Please restate the data that follows, leaving every word in place.

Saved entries
== Segment start ==

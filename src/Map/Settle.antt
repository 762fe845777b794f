-- ===== src/Map/Settle.antt =====
-- common/map.c: what `cfio_map_init` comes to when the search has ended.
use native.Mathlib.Nat.{mod-add-div'}
use cfio.Prelude.{
  ℕ, zero, suc, ◌+◌, ◌-◌, ◌*◌, ◌/◌, ◌%◌, ◌^◌, ◌<◌, ◌≤◌, ◌≡◌, ◌≢◌, refl, ◌∙◌, ap₂, ◌⊎◌, inl, inr,
  true, false, ◌&&◌, none, some, List, ltb, leb, if◌then◌else◌, length, arith, Bool-cases,
}
use cfio.Map.{
  Config, Scan, get_factor, settle, ok, invalid_init_arg, fault, gen_server_x_and_y, init, IsValid,
}
use cfio.Map.Divisors.{nth, IsFactors}
use cfio.Map.Exact.{divisors, walk}
use cfio.Map.Factors.{divisors-IsFactors}
use cfio.Map.Ints.{scan-walk, nth_at_most}
use cfio.Map.Search.{Going, Found, Missed, walk_total}

mul_le_both : (a b c d : ℕ) → a ≤ c → b ≤ d → a * b ≤ c * d
mul_le_both a b c d h k = grind arith

module _ (cx cy servers best comm server_comm : ℕ) (pos_x : 0 < cx) (pos_y : 0 < cy)
    (pos_b : 0 < best) where
  abbrev pub fx : List ℕ
  fx = divisors cx

  abbrev pub fy : List ℕ
  fy = divisors cy

  abbrev pub start : Scan
  start = record { index_x = 0; rows = length fy; min_sub = cx * cy; min_index = none }

  abbrev pub blank_config : Config
  blank_config = record {
    client_amount = cx * cy;
    client_x_num = cx;
    client_y_num = cy;
    comm = comm;
    server_amount = servers;
    server_x_num = 0;
    server_y_num = 0;
    server_comm = server_comm;
  }

  pub hx : IsFactors cx fx
  hx = divisors-IsFactors cx pos_x

  pub hy : IsFactors cy fy
  hy = divisors-IsFactors cy pos_y

  abbrev pub end : Scan
  end = walk (length fx + length fy) fx fy best start

  start_Going : Going cx cy fx fy best pos_x pos_y hx hy start
  start_Going = record {
    cols = omega arith;
    rows = omega arith;
    sub = refl;
    left = λ p q lp lq e. (omega arith, lq);
    unset = λ _. refl;
  }

  pub ends :
      Found cx cy fx fy best pos_x pos_y hx hy end ⊎ Missed cx cy fx fy best pos_x pos_y hx hy end
  ends =
      walk_total cx cy fx fy best pos_x pos_y hx hy (length fx + length fy) start start_Going
        (omega arith)

  products_held : cx * cy < 2 ^ 31 → (j k : ℕ) → nth fx j * nth fy k < 2 ^ 31
  products_held area j k = omega (
    arith,
    mul_le_both (nth fx j) (nth fy k) cx cy (nth_at_most cx fx j pos_x hx)
        (nth_at_most cy fy k pos_y hy),
  )

  all_positive : ltb 0 cx && (ltb 0 cy && ltb 0 best) ≡ true
  all_positive = ground arith

  pub init-settle :
      cx * cy < 2 ^ 31
      → get_factor cx ≡ some fx
      → get_factor cy ≡ some fy
      → init cx cy servers best comm server_comm ≡ some (settle blank_config best fx fy end)
  unfolding init gen_server_x_and_y
  init-settle area ex ey =
      let held : leb (2 ^ 31) (cx * cy) ≡ false = ground arith in
      let found = scan-walk fx fy best (products_held area) (length fx + length fy) start in
      rw (all_positive, held, gen_server_x_and_y, ex, ey, found) refl

  -- With factors that no `int` can find nothing is accepted.
  pub init-fault :
      (get_factor cx ≡ none) ⊎ ((get_factor cx ≡ some fx) × (get_factor cy ≡ none))
      → init cx cy servers best comm server_comm ≡ some fault
  unfolding init gen_server_x_and_y
  init-fault lost = elim (Bool-cases (leb (2 ^ 31) (cx * cy))) [
    | inl over ↦ rw (all_positive, over) refl
    | inr held ↦ elim lost [
      | inl ex ↦ rw (all_positive, held, gen_server_x_and_y, ex) refl
      | inr (ex, ey) ↦ rw (all_positive, held, gen_server_x_and_y, ex, ey) refl
    ]
  ]

  -- The configuration that an exact decomposition `a * b` leads to.
  abbrev pub decomposed : ℕ → ℕ → Config
  decomposed a b = record blank_config { server_amount = a * b; server_x_num = a; server_y_num = b }

  pub settle-Found :
      (s : Scan)
      → Found cx cy fx fy best pos_x pos_y hx hy s
      → (a : ℕ) × (b : ℕ) × (cx % a ≡ 0)
        × (cy % b ≡ 0)
        × (a * b ≡ best)
        × (settle blank_config best fx fy s
            ≡ (if ltb servers (a * b) then invalid_init_arg else ok (decomposed a b)))
  unfolding settle
  settle-Found s f = (
    nth fx f.x,
    nth fy (f.rows - 1),
    (hx.divides f.x f.col).1,
    (hy.divides (f.rows - 1) (omega (arith, f.row, f.high))).1,
    f.exact,
    ground (arith, f.sub, f.index, f.col, f.row, f.high),
  )

  pub settle-Missed :
      (s : Scan)
      → Missed cx cy fx fy best pos_x pos_y hx hy s
      → settle blank_config best fx fy s
        ≡ (if ltb (5 * (cx * cy)) (2 * best) then fault else invalid_init_arg)
  unfolding settle
  settle-Missed s m = elim (Bool-cases (ltb (5 * (cx * cy)) (2 * best))) [
    | inl far ↦ rw (m.sub, far, m.unset (ground arith))
    | inr near ↦ rw (m.sub, near)
  ]

  quotient : (n d : ℕ) → n % d ≡ 0 → n / d * d ≡ n
  quotient n d h = omega (arith, mod-add-div' n d)

  pub decomposed-IsValid : (a b : ℕ) → cx % a ≡ 0 → cy % b ≡ 0 → IsValid (decomposed a b)
  decomposed-IsValid a b ha hb = record {
    clients = refl;
    servers = refl;
    divides_x = quotient cx a ha;
    divides_y = quotient cy b hb;
    some_x = pos_x;
    some_y = pos_y;
  }

  pub Missed-pair :
      (s : Scan) (a b : ℕ)
      → Missed cx cy fx fy best pos_x pos_y hx hy s
      → cx % a ≡ 0
      → cy % b ≡ 0
      → a * b ≢ best
  Missed-pair s a b m ha hb e =
      let (p, lp, ep) = hx.complete a (factor_pos a b (omega arith)) ha in
      let (q, lq, eq) = hy.complete b (factor_pos b a (omega arith)) hb in
      m.none_exact p q lp lq (ap₂ ◌*◌ ep eq ∙ e)
    where
      factor_pos : (u v : ℕ) → 0 < u * v → 0 < u
      factor_pos zero v h = absurd (omega arith)
      factor_pos (suc u) v h = omega arith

== Segment end ==

▸ ANSWER TO THIS PROBLEM
filename src/Map/Settle.antt
repository 762fe845777b794f
-- ===== src/Map/Settle.antt =====
-- common/map.c: what `cfio_map_init` comes to when the search has ended.
use native.Mathlib.Nat.{mod-add-div'}
use cfio.Prelude.{
  ℕ, zero, suc, ◌+◌, ◌-◌, ◌*◌, ◌/◌, ◌%◌, ◌^◌, ◌<◌, ◌≤◌, ◌≡◌, ◌≢◌, refl, ◌∙◌, ap₂, ◌⊎◌, inl, inr,
  true, false, ◌&&◌, none, some, List, ltb, leb, if◌then◌else◌, length, arith, Bool-cases,
}
use cfio.Map.{
  Config, Scan, get_factor, settle, ok, invalid_init_arg, fault, gen_server_x_and_y, init, IsValid,
}
use cfio.Map.Divisors.{nth, IsFactors}
use cfio.Map.Exact.{divisors, walk}
use cfio.Map.Factors.{divisors-IsFactors}
use cfio.Map.Ints.{scan-walk, nth_at_most}
use cfio.Map.Search.{Going, Found, Missed, walk_total}

mul_le_both : (a b c d : ℕ) → a ≤ c → b ≤ d → a * b ≤ c * d
mul_le_both a b c d h k = grind arith

module _ (cx cy servers best comm server_comm : ℕ) (pos_x : 0 < cx) (pos_y : 0 < cy)
    (pos_b : 0 < best) where
  abbrev pub fx : List ℕ
  fx = divisors cx

  abbrev pub fy : List ℕ
  fy = divisors cy

  abbrev pub start : Scan
  start = record { index_x = 0; rows = length fy; min_sub = cx * cy; min_index = none }

  abbrev pub blank_config : Config
  blank_config = record {
    client_amount = cx * cy;
    client_x_num = cx;
    client_y_num = cy;
    comm = comm;
    server_amount = servers;
    server_x_num = 0;
    server_y_num = 0;
    server_comm = server_comm;
  }

  pub hx : IsFactors cx fx
  hx = divisors-IsFactors cx pos_x

  pub hy : IsFactors cy fy
  hy = divisors-IsFactors cy pos_y

  abbrev pub end : Scan
  end = walk (length fx + length fy) fx fy best start

  start_Going : Going cx cy fx fy best pos_x pos_y hx hy start
  start_Going = record {
    cols = omega arith;
    rows = omega arith;
    sub = refl;
    left = λ p q lp lq e. (omega arith, lq);
    unset = λ _. refl;
  }

  pub ends :
      Found cx cy fx fy best pos_x pos_y hx hy end ⊎ Missed cx cy fx fy best pos_x pos_y hx hy end
  ends =
      walk_total cx cy fx fy best pos_x pos_y hx hy (length fx + length fy) start start_Going
        (omega arith)

  products_held : cx * cy < 2 ^ 31 → (j k : ℕ) → nth fx j * nth fy k < 2 ^ 31
  products_held area j k = omega (
    arith,
    mul_le_both (nth fx j) (nth fy k) cx cy (nth_at_most cx fx j pos_x hx)
        (nth_at_most cy fy k pos_y hy),
  )

  all_positive : ltb 0 cx && (ltb 0 cy && ltb 0 best) ≡ true
  all_positive = ground arith

  pub init-settle :
      cx * cy < 2 ^ 31
      → get_factor cx ≡ some fx
      → get_factor cy ≡ some fy
      → init cx cy servers best comm server_comm ≡ some (settle blank_config best fx fy end)
  unfolding init gen_server_x_and_y
  init-settle area ex ey =
      let held : leb (2 ^ 31) (cx * cy) ≡ false = ground arith in
      let found = scan-walk fx fy best (products_held area) (length fx + length fy) start in
      rw (all_positive, held, gen_server_x_and_y, ex, ey, found) refl

  -- With factors that no `int` can find nothing is accepted.
  pub init-fault :
      (get_factor cx ≡ none) ⊎ ((get_factor cx ≡ some fx) × (get_factor cy ≡ none))
      → init cx cy servers best comm server_comm ≡ some fault
  unfolding init gen_server_x_and_y
  init-fault lost = elim (Bool-cases (leb (2 ^ 31) (cx * cy))) [
    | inl over ↦ rw (all_positive, over) refl
    | inr held ↦ elim lost [
      | inl ex ↦ rw (all_positive, held, gen_server_x_and_y, ex) refl
      | inr (ex, ey) ↦ rw (all_positive, held, gen_server_x_and_y, ex, ey) refl
    ]
  ]

  -- The configuration that an exact decomposition `a * b` leads to.
  abbrev pub decomposed : ℕ → ℕ → Config
  decomposed a b = record blank_config { server_amount = a * b; server_x_num = a; server_y_num = b }

  pub settle-Found :
      (s : Scan)
      → Found cx cy fx fy best pos_x pos_y hx hy s
      → (a : ℕ) × (b : ℕ) × (cx % a ≡ 0)
        × (cy % b ≡ 0)
        × (a * b ≡ best)
        × (settle blank_config best fx fy s
            ≡ (if ltb servers (a * b) then invalid_init_arg else ok (decomposed a b)))
  unfolding settle
  settle-Found s f = (
    nth fx f.x,
    nth fy (f.rows - 1),
    (hx.divides f.x f.col).1,
    (hy.divides (f.rows - 1) (omega (arith, f.row, f.high))).1,
    f.exact,
    ground (arith, f.sub, f.index, f.col, f.row, f.high),
  )

  pub settle-Missed :
      (s : Scan)
      → Missed cx cy fx fy best pos_x pos_y hx hy s
      → settle blank_config best fx fy s
        ≡ (if ltb (5 * (cx * cy)) (2 * best) then fault else invalid_init_arg)
  unfolding settle
  settle-Missed s m = elim (Bool-cases (ltb (5 * (cx * cy)) (2 * best))) [
    | inl far ↦ rw (m.sub, far, m.unset (ground arith))
    | inr near ↦ rw (m.sub, near)
  ]

  quotient : (n d : ℕ) → n % d ≡ 0 → n / d * d ≡ n
  quotient n d h = omega (arith, mod-add-div' n d)

  pub decomposed-IsValid : (a b : ℕ) → cx % a ≡ 0 → cy % b ≡ 0 → IsValid (decomposed a b)
  decomposed-IsValid a b ha hb = record {
    clients = refl;
    servers = refl;
    divides_x = quotient cx a ha;
    divides_y = quotient cy b hb;
    some_x = pos_x;
    some_y = pos_y;
  }

  pub Missed-pair :
      (s : Scan) (a b : ℕ)
      → Missed cx cy fx fy best pos_x pos_y hx hy s
      → cx % a ≡ 0
      → cy % b ≡ 0
      → a * b ≢ best
  Missed-pair s a b m ha hb e =
      let (p, lp, ep) = hx.complete a (factor_pos a b (omega arith)) ha in
      let (q, lq, eq) = hy.complete b (factor_pos b a (omega arith)) hb in
      m.none_exact p q lp lq (ap₂ ◌*◌ ep eq ∙ e)
    where
      factor_pos : (u v : ℕ) → 0 < u * v → 0 < u
      factor_pos zero v h = absurd (omega arith)
      factor_pos (suc u) v h = omega arith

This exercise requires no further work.